Well, going from the numbers above of 50-75% more. If that can't happen, then this won't either, certainly.

Heck, I'd be happy with a B2 monosteel.


----------



## Godslayer (Nov 2, 2016)

DanHumphrey said:


> Well, going from the numbers above of 50-75% more. If that can't happen, then this won't either, certainly.
> 
> Heck, I'd be happy with a B2 monosteel.

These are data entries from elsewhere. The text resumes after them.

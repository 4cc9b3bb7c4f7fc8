-- ===== src/Mark/Visit/Marked.antt =====
-- What setting a mark does to the tests for marks, where identifiers tell packages apart.
use poldek.Base.{
  ℕ, ◌≡◌, refl, sym, ap, ◌∙◌, Bool, true, false, ◌||◌, Option, none, some, arith, ◌==◌,
  if◌then◌else◌,
}
use poldek.Base.Bytes.{Bytes, str_eq}
use poldek.Pkg.{Pkg}
use poldek.Mark.{
  MarkFlags, PkgmarkSet, no_marks, pkgmark_mark, pkgmark_dep, pkgmark_any, package_id, pkgmark_set,
  pkgmark_isset, has_any, with_flag,
}
use poldek.Mark.Refine.{view, has_any?, changed?, isset-view, view-pkgmark_set, idnevr-pkgmark_set}

has_any-with_flag : (a b g : MarkFlags) → has_any (with_flag a b) g ≡ (has_any a g || has_any b g)
has_any-with_flag a b g = ground arith

has_any-changed :
    (b : Bool) (v : Option MarkFlags) (f g : MarkFlags)
    → has_any? (if b then changed? true f v else v) g
      ≡ (if b then has_any? v g || has_any f g else has_any? v g)
has_any-changed false v f g = refl
has_any-changed true none f g = has_any-with_flag no_marks f g
has_any-changed true (some flags) f g = has_any-with_flag flags f g

module _ (pkg_at : ℕ → Pkg) (printed : ℕ → Bytes) where
  -- Different packages have different identifiers.
  abbrev pub IsIdentified : Bool → Type 0
  IsIdentified idnevr =
      (p q : ℕ)
      → str_eq (package_id pkg_at printed idnevr p) (package_id pkg_at printed idnevr q) ≡ (q == p)

  pub isset-pkgmark_set :
      (pms : PkgmarkSet) (p q : ℕ) (f g : MarkFlags)
      → IsIdentified pms.idnevr
      → pkgmark_isset pkg_at printed (pkgmark_set pkg_at printed pms p true f) q g ≡ (
          if q == p
          then pkgmark_isset pkg_at printed pms q g || has_any f g
          else pkgmark_isset pkg_at printed pms q g)
  isset-pkgmark_set pms p q f g ids =
      let after = pkgmark_set pkg_at printed pms p true f in
      let id = package_id pkg_at printed pms.idnevr q in
      isset-view pkg_at printed after q g
      ∙ ap (λ b. has_any? (view after.ht (package_id pkg_at printed b q)) g)
          (idnevr-pkgmark_set pkg_at printed pms p true f)
      ∙ ap (λ o. has_any? o g) (view-pkgmark_set pkg_at printed pms p true f id)
      ∙ ap (λ b. has_any? (if b then changed? true f (view pms.ht id) else view pms.ht id) g)
          (ids p q)
      ∙ has_any-changed (q == p) (view pms.ht id) f g
      ∙ ap (λ b. if q == p then b || has_any f g else b) (sym (isset-view pkg_at printed pms q g))

  -- The visit looks at marks only: three facts on marking a package.
  pub marked_after_dep :
      (pms : PkgmarkSet) (p q : ℕ)
      → IsIdentified pms.idnevr
      → pkgmark_isset pkg_at printed
          (pkgmark_set pkg_at printed pms p true pkgmark_dep)
          q
          pkgmark_any
        ≡ (q == p || pkgmark_isset pkg_at printed pms q pkgmark_any)
  marked_after_dep pms p q ids =
      isset-pkgmark_set pms p q pkgmark_dep pkgmark_any ids ∙ ground arith

  pub marked_after_hand :
      (pms : PkgmarkSet) (p q : ℕ)
      → IsIdentified pms.idnevr
      → pkgmark_isset pkg_at printed
          (pkgmark_set pkg_at printed pms p true pkgmark_mark)
          q
          pkgmark_any
        ≡ (q == p || pkgmark_isset pkg_at printed pms q pkgmark_any)
  marked_after_hand pms p q ids =
      isset-pkgmark_set pms p q pkgmark_mark pkgmark_any ids ∙ ground arith

  pub dep_after_hand :
      (pms : PkgmarkSet) (p q : ℕ)
      → IsIdentified pms.idnevr
      → pkgmark_isset pkg_at printed
          (pkgmark_set pkg_at printed pms p true pkgmark_mark)
          q
          pkgmark_dep
        ≡ pkgmark_isset pkg_at printed pms q pkgmark_dep
  dep_after_hand pms p q ids = isset-pkgmark_set pms p q pkgmark_mark pkgmark_dep ids ∙ ground arith

  pub dep_after_dep :
      (pms : PkgmarkSet) (p q : ℕ)
      → IsIdentified pms.idnevr
      → pkgmark_isset pkg_at printed
          (pkgmark_set pkg_at printed pms p true pkgmark_dep)
          q
          pkgmark_dep
        ≡ (q == p || pkgmark_isset pkg_at printed pms q pkgmark_dep)
  dep_after_dep pms p q ids = isset-pkgmark_set pms p q pkgmark_dep pkgmark_dep ids ∙ ground arith

  pub idnevr-dep :
      (pms : PkgmarkSet) (p : ℕ) (f : MarkFlags)
      → (pkgmark_set pkg_at printed pms p true f).idnevr ≡ pms.idnevr
  idnevr-dep pms p f = idnevr-pkgmark_set pkg_at printed pms p true f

Needs the hamon otherwise b#2 san mai would win(honestly san mai > honyaki for double bevels) but theres a coolness factor i cant ignore. Like how a suped corvette that costs 120k will probably beat a base ferrari at 250k but the Ferrari is cooler.


----------



## DanHumphrey (Nov 2, 2016)

Godslayer said:


> Needs the hamon otherwise b#2 san mai would win(honestly san mai > honyaki for double bevels) but theres a coolness factor i cant ignore. Like how a suped corvette that costs 120k will probably beat a base ferrari at 250k but the Ferrari is cooler.



Noooooooo. The Tanaka iron cladding is too ugly and reactive; that's why I got the stainless-clad Sukenari AS en route. Blue takes on beautiful patina.


----------



## Godslayer (Nov 2, 2016)

DanHumphrey said:


> Noooooooo. The Tanaka iron cladding is too ugly and reactive; that's why I got the stainless-clad Sukenari AS en route. Blue takes on beautiful patina.

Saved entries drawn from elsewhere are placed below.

-- ===== src/Mark/Visit/Step.antt =====
-- What a visit owes: it marks packages and removes no mark; what it marks has its requirements met
-- among marked packages, and is required by a marked package.
use poldek.Base.{
  ℕ, ◌≡◌, refl, ◌∙◌, ◌⊎◌, inl, inr, Bool, true, false, ◌||◌, List, [], ◌∷◌, arith, All, Bool-cases,
}
use poldek.Base.Bytes.{Bytes}
use poldek.Pkg.{Pkg}
use poldek.Order.{Reqpkg, edges}
use poldek.Order.Colors.{IsAmong}
use poldek.Mark.{PkgmarkSet}
use poldek.Mark.Visit.{others, pkgs_of, is_marked, is_dep_marked, any_marked}

module _ (pkg_at : ℕ → Pkg) (printed : ℕ → Bytes) (required : ℕ → List Reqpkg) where
  abbrev pub M : PkgmarkSet → ℕ → Bool
  M = is_marked pkg_at printed required

  abbrev pub D : PkgmarkSet → ℕ → Bool
  D = is_dep_marked pkg_at printed required

  abbrev pub is_met : PkgmarkSet → Reqpkg → Bool
  is_met t r = M t r.rp.pkg || any_marked pkg_at printed required t (pkgs_of (others r))

  -- Each requirement has a marked alternative.
  abbrev pub IsMet : PkgmarkSet → List Reqpkg → Type 0
  IsMet t rs = All (λ r. is_met t r ≡ true) rs

  -- Some marked package requires this one, alone or as an alternative.
  abbrev pub IsOffered : PkgmarkSet → ℕ → Type 0
  IsOffered t q = (p : ℕ) × (M t p ≡ true) × IsAmong q (pkgs_of (edges (required p)))

  abbrev pub Grows : PkgmarkSet → PkgmarkSet → Type 0
  Grows s t = (q : ℕ) → M s q ≡ true → M t q ≡ true

  any_marked-Grows :
      (s t : PkgmarkSet) (ps : List ℕ)
      → Grows s t
      → any_marked pkg_at printed required s ps ≡ true
      → any_marked pkg_at printed required t ps ≡ true
  unfolding any_marked
  any_marked-Grows s t [] g h = h
  any_marked-Grows s t (p ∷ ps) g h = ground (arith, g p, any_marked-Grows s t ps g)

  pub is_met-Grows :
      (s t : PkgmarkSet) (r : Reqpkg) → Grows s t → is_met s r ≡ true → is_met t r ≡ true
  is_met-Grows s t r g h = ground (arith, g r.rp.pkg, any_marked-Grows s t (pkgs_of (others r)) g)

  pub IsMet-grows : (s t : PkgmarkSet) (rs : List Reqpkg) → Grows s t → IsMet s rs → IsMet t rs
  IsMet-grows s t [] g h = tt
  IsMet-grows s t (r ∷ rs) g h = (is_met-Grows s t r g h.0, IsMet-grows s t rs g h.1)

  IsOffered-Grows : (s t : PkgmarkSet) (q : ℕ) → Grows s t → IsOffered s q → IsOffered t q
  IsOffered-Grows s t q g (p, marked, among) = (p, g p marked, among)

  -- What the visits of some packages owe, with an exception for what they started from.
  pub record Marking (start : ℕ → Type 0) (s t : PkgmarkSet) : Type 0 where
    pub kind : t.idnevr ≡ s.idnevr
    pub grows : Grows s t
    pub closed : (q : ℕ) → M t q ≡ true → (M s q ≡ true) ⊎ IsMet t (required q)
    pub offered : (q : ℕ) → M t q ≡ true → (M s q ≡ true) ⊎ (start q ⊎ IsOffered t q)
    pub deps : (q : ℕ) → D t q ≡ true → (D s q ≡ true) ⊎ (M s q ≡ false)

  pub Marking-refl : (start : ℕ → Type 0) (s : PkgmarkSet) → Marking start s s
  Marking-refl start s = record {
    kind = refl;
    grows = λ q h. h;
    closed = λ q h. inl h;
    offered = λ q h. inl h;
    deps = λ q h. inl h;
  }

  closed_trans :
      (s t u : PkgmarkSet) (q : ℕ)
      → Grows t u
      → ((M t q ≡ true) → (M s q ≡ true) ⊎ IsMet t (required q))
      → (M t q ≡ true) ⊎ IsMet u (required q)
      → (M s q ≡ true) ⊎ IsMet u (required q)
  closed_trans s t u q g h (inr met) = inr met
  closed_trans s t u q g h (inl before) = elim (h before) [
    | inl first ↦ inl first
    | inr met ↦ inr (IsMet-grows t u (required q) g met)
  ]

  IsOffered-trans :
      (start : ℕ → Type 0) (s t u : PkgmarkSet) (q : ℕ)
      → Grows t u
      → ((M t q ≡ true) → (M s q ≡ true) ⊎ (start q ⊎ IsOffered t q))
      → (M t q ≡ true) ⊎ (start q ⊎ IsOffered u q)
      → (M s q ≡ true) ⊎ (start q ⊎ IsOffered u q)
  IsOffered-trans start s t u q g h (inr later) = inr later
  IsOffered-trans start s t u q g h (inl before) = elim (h before) [
    | inl first ↦ inl first
    | inr (inl started) ↦ inr (inl started)
    | inr (inr offered) ↦ inr (inr (IsOffered-Grows t u q g offered))
  ]

  deps_trans :
      (s t : PkgmarkSet) (q : ℕ)
      → Grows s t
      → ((D t q ≡ true) → (D s q ≡ true) ⊎ (M s q ≡ false))
      → (D t q ≡ true) ⊎ (M t q ≡ false)
      → (D s q ≡ true) ⊎ (M s q ≡ false)
  deps_trans s t q g h (inl before) = h before
  deps_trans s t q g h (inr unmarked) = elim (Bool-cases (M s q)) [
    | inl marked ↦ absurd (let later = g q marked in ground arith)
    | inr earlier ↦ inr earlier
  ]

  pub Marking-trans :
      (start : ℕ → Type 0) (s t u : PkgmarkSet)
      → Marking start s t
      → Marking start t u
      → Marking start s u
  Marking-trans start s t u h k = record {
    kind = k.kind ∙ h.kind;
    grows = λ q m. k.grows q (h.grows q m);
    closed = λ q m. closed_trans s t u q k.grows (h.closed q) (k.closed q m);
    offered = λ q m. IsOffered-trans start s t u q k.grows (h.offered q) (k.offered q m);
    deps = λ q m. deps_trans s t q h.grows (h.deps q) (k.deps q m);
  }

  -- A start that a marked package requires needs no exception.
  pub Marking-offered :
      (start other : ℕ → Type 0) (s t : PkgmarkSet)
      → ((q : ℕ) → start q → IsOffered t q)
      → Marking start s t
      → Marking other s t
  Marking-offered start other s t f h = record {
    kind = h.kind;
    grows = h.grows;
    closed = h.closed;
    offered = λ q m. elim (h.offered q m) [
      | inl before ↦ inl before
      | inr (inl started) ↦ inr (inr (f q started))
      | inr (inr offered) ↦ inr (inr offered)
    ];
    deps = h.deps;
  }

  pub Marking-start :
      (start other : ℕ → Type 0) (s t : PkgmarkSet)
      → ((q : ℕ) → start q → other q)
      → Marking start s t
      → Marking other s t
  Marking-start start other s t f h = record {
    kind = h.kind;
    grows = h.grows;
    closed = h.closed;
    offered = λ q m. elim (h.offered q m) [
      | inl before ↦ inl before
      | inr (inl started) ↦ inr (inl (f q started))
      | inr (inr offered) ↦ inr (inr offered)
    ];
    deps = h.deps;
  }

Its new there is a stainless san mai b#2 core gyuto. Cheap as dirt $200 ish for a 270mm gyuto. Just came out yeaterday. I have the b#2 damascus 240. Its not pretty but my god does it cut. The only b#2 only blade i have is a sakai takayuki usuba and it is a nice patina.


----------



## DanHumphrey (Nov 2, 2016)

Wow, people are just putting out knives I'd like all over the dman place. Why do you prefer san mai for double-bevel? I'd love the look of beautiful Blue-steel patina all over the blade.

And James, I'm very sorry for jacking your thread.


----------



## Godslayer (Nov 2, 2016)

DanHumphrey said:


> Wow, people are just putting out knives I'd like all over the dman place. Why do you prefer san mai for double-bevel? I'd love the look of beautiful Blue-steel patina all over the blade.
> 
> And James, I'm very sorry for jacking your thread.

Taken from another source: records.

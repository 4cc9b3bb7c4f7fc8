-- ===== src/Mark/Visit/Closure.antt =====
-- `visit_mark_reqs` ends within as much fuel as there are unmarked packages, and what it owes.
pub mod Packages
use mathlib.Core.List.{◌++◌}
use poldek.Base.{
  ℕ, zero, suc, ◌+◌, ◌^◌, ◌-◌, ◌≤◌, ◌<◌, ◌≡◌, ◌≢◌, refl, sym, ap, ◌∙◌, ◌⊎◌, inl, inr, Bool, true,
  false, not, ◌||◌, Option, none, some, List, [], ◌∷◌, arith, All, length, ltb, ◌==◌, if◌then◌else◌,
  Bool-cases, Option-cases,
}
use poldek.Base.Bytes.{Bytes}
use poldek.Pkg.{Pkg}
use poldek.Order.{Rp, Reqpkg, edges, alternatives}
use poldek.Order.Colors.{IsAmong}
use poldek.Order.Start.{All-among}
use poldek.Mark.{
  PkgmarkSet, PkgMark, get, package_id, has_any, pkgmark_any, pkgmark_dep, pkgmark_isset,
}
use poldek.Mark.Visit.{
  others, pkgs_of, is_marked, is_dep_marked, dep_mark, any_marked, fewest, tomark_of, visit_req,
  visit_reqs, visit_mark_reqs, pkgmark_pkg_drags,
}
use poldek.Mark.Visit.Marked.{IsIdentified, marked_after_dep, dep_after_dep, idnevr-dep}
use poldek.Mark.Visit.Step.{
  M, D, is_met, IsMet, IsOffered, Grows, IsMet-grows, Marking, Marking-refl, Marking-trans,
  Marking-offered, is_met-Grows,
}

pub IsAmong-eq : {x y : ℕ} (ps : List ℕ) → x ≡ y → IsAmong y ps → IsAmong x ps
IsAmong-eq [] e h = h
IsAmong-eq (p ∷ ps) e (inl same) = inl (e ∙ same)
IsAmong-eq (p ∷ ps) e (inr below) = inr (IsAmong-eq ps e below)

IsAmong-later : {x : ℕ} (p q : ℕ) (ps : List ℕ) → IsAmong x (p ∷ ps) → IsAmong x (p ∷ q ∷ ps)
IsAmong-later p q ps (inl first) = inl first
IsAmong-later p q ps (inr below) = inr (inr below)

module _ (pkg_at : ℕ → Pkg) (printed : ℕ → Bytes) (required : ℕ → List Reqpkg) where
  abbrev M' : PkgmarkSet → ℕ → Bool
  M' = M pkg_at printed required

  pub dep_of_marked :
      (s : PkgmarkSet) (p : ℕ)
      → is_marked pkg_at printed required s p ≡ false
      → is_dep_marked pkg_at printed required s p ≡ false
  unfolding pkgmark_isset
  dep_of_marked s p h = elim (Option-cases (get (package_id pkg_at printed s.idnevr p) s.ht)) [
    | inl absent ↦ ground arith
    | inr (m, found) ↦ ground arith
  ]

  fewest-fewer :
      (s : PkgmarkSet) (p n q : ℕ) (qs : List ℕ)
      → ltb (pkgmark_pkg_drags pkg_at printed required s 2 q) n ≡ true
      → fewest pkg_at printed required s p n (q ∷ qs)
        ≡ fewest pkg_at printed required s q (pkgmark_pkg_drags pkg_at printed required s 2 q) qs
  unfolding fewest
  fewest-fewer s p n q qs h = rw (fewest, h) refl

  fewest-more :
      (s : PkgmarkSet) (p n q : ℕ) (qs : List ℕ)
      → ltb (pkgmark_pkg_drags pkg_at printed required s 2 q) n ≡ false
      → fewest pkg_at printed required s p n (q ∷ qs) ≡ fewest pkg_at printed required s p n qs
  unfolding fewest
  fewest-more s p n q qs h = rw (fewest, h) refl

  fewest-IsAmong :
      (s : PkgmarkSet) (p n : ℕ) (ps : List ℕ)
      → IsAmong (fewest pkg_at printed required s p n ps) (p ∷ ps)
  unfolding fewest
  fewest-IsAmong s p n [] = inl refl
  fewest-IsAmong s p n (q ∷ qs) =
      let dragged = pkgmark_pkg_drags pkg_at printed required s 2 q in
      elim (Bool-cases (ltb dragged n)) [
        | inl fewer ↦
            IsAmong-eq (p ∷ q ∷ qs) (fewest-fewer s p n q qs fewer)
              (inr (fewest-IsAmong s q dragged qs))
        | inr more ↦
            IsAmong-eq (p ∷ q ∷ qs) (fewest-more s p n q qs more)
              (IsAmong-later p q qs (fewest-IsAmong s p n qs))
      ]

  pub tomark_of-IsAmong :
      (s : PkgmarkSet) (p : ℕ) (ps : List ℕ)
      → IsAmong (tomark_of pkg_at printed required s p ps) (p ∷ ps)
  unfolding tomark_of
  tomark_of-IsAmong s p [] = inl refl
  tomark_of-IsAmong s p (q ∷ qs) = elim (fewest-IsAmong s p (2 ^ 31 - 2) (p ∷ q ∷ qs)) [
    | inl first ↦ inl first
    | inr below ↦ below
  ]

  pub any_marked-unmarked :
      (s : PkgmarkSet) (x : ℕ) (ps : List ℕ)
      → any_marked pkg_at printed required s ps ≡ false
      → IsAmong x ps
      → M' s x ≡ false
  unfolding any_marked
  any_marked-unmarked s x [] h among = absurd among
  any_marked-unmarked s x (p ∷ ps) h (inl same) = rw same (ground arith)
  any_marked-unmarked s x (p ∷ ps) h (inr below) = any_marked-unmarked s x ps (ground arith) below

  pub any_marked-marked :
      (s : PkgmarkSet) (x : ℕ) (ps : List ℕ)
      → M' s x ≡ true
      → IsAmong x ps
      → any_marked pkg_at printed required s ps ≡ true
  unfolding any_marked
  any_marked-marked s x [] h among = absurd among
  any_marked-marked s x (p ∷ ps) h (inl same) =
      let here : M' s p ≡ true = rw (← same) h in ground arith
  any_marked-marked s x (p ∷ ps) h (inr below) =
      let rest = any_marked-marked s x ps h below in ground arith

  -- The packages of the pool that are not marked.
  unfoldable pub unmarked : PkgmarkSet → List ℕ → ℕ
  unmarked s [] = 0
  unmarked s (p ∷ ps) = (if M' s p then 0 else 1) + unmarked s ps

  pub unmarked-le-length : (s : PkgmarkSet) (ps : List ℕ) → unmarked s ps ≤ length ps
  unfolding unmarked
  unmarked-le-length s [] = omega arith
  unmarked-le-length s (p ∷ ps) = ground (arith, unmarked-le-length s ps)

  pub unmarked-le :
      (s t : PkgmarkSet) (ps : List ℕ)
      → Grows pkg_at printed required s t
      → unmarked t ps ≤ unmarked s ps
  unfolding unmarked
  unmarked-le s t [] g = omega arith
  unmarked-le s t (p ∷ ps) g = ground (arith, g p, unmarked-le s t ps g)

  pub unmarked-lt :
      (s t : PkgmarkSet) (p : ℕ) (ps : List ℕ)
      → Grows pkg_at printed required s t
      → M' s p ≡ false
      → M' t p ≡ true
      → IsAmong p ps
      → unmarked t ps < unmarked s ps
  unfolding unmarked
  unmarked-lt s t p [] g h k among = absurd among
  unmarked-lt s t p (q ∷ qs) g h k (inl same) =
      let h' : M' s q ≡ false = rw (← same) h in
      let k' : M' t q ≡ true = rw (← same) k in ground (arith, unmarked-le s t qs g)
  unmarked-lt s t p (q ∷ qs) g h k (inr below) =
      ground (arith, g q, unmarked-lt s t p qs g h k below)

Its ok we are keeping James at the top and discussing his knives. Monosteel knives are more fragile than san mai blades. The main davantage of san mai is the cladding is generally made of non hardenable steel. Less hard means less brittle. I.e. a german blade at 52 hrc would be harder to damage than a japanese blade @ 62 hrc. Thats why many of us keep a cheap beater for things like squash and lobster tails etc. If you chip a san mai blade normally the cladding minimalzes damages. Also stainless san mai allows one to only have to worry about the edge not the cladding. They are also easier to thin, random low carbon stainless @ 28 hrc is basically like butter on the stones compared to a say 62 hrc zdp blade which would be frozen parmesan. If you wanted patina id go for an iron cladding like kato or ikeda.


----------



## panda (Nov 2, 2016)

as one of the original supporters of tanaka ginsan series that helped make them so popular, i think i should be one of the first notified of new line availability. just saying..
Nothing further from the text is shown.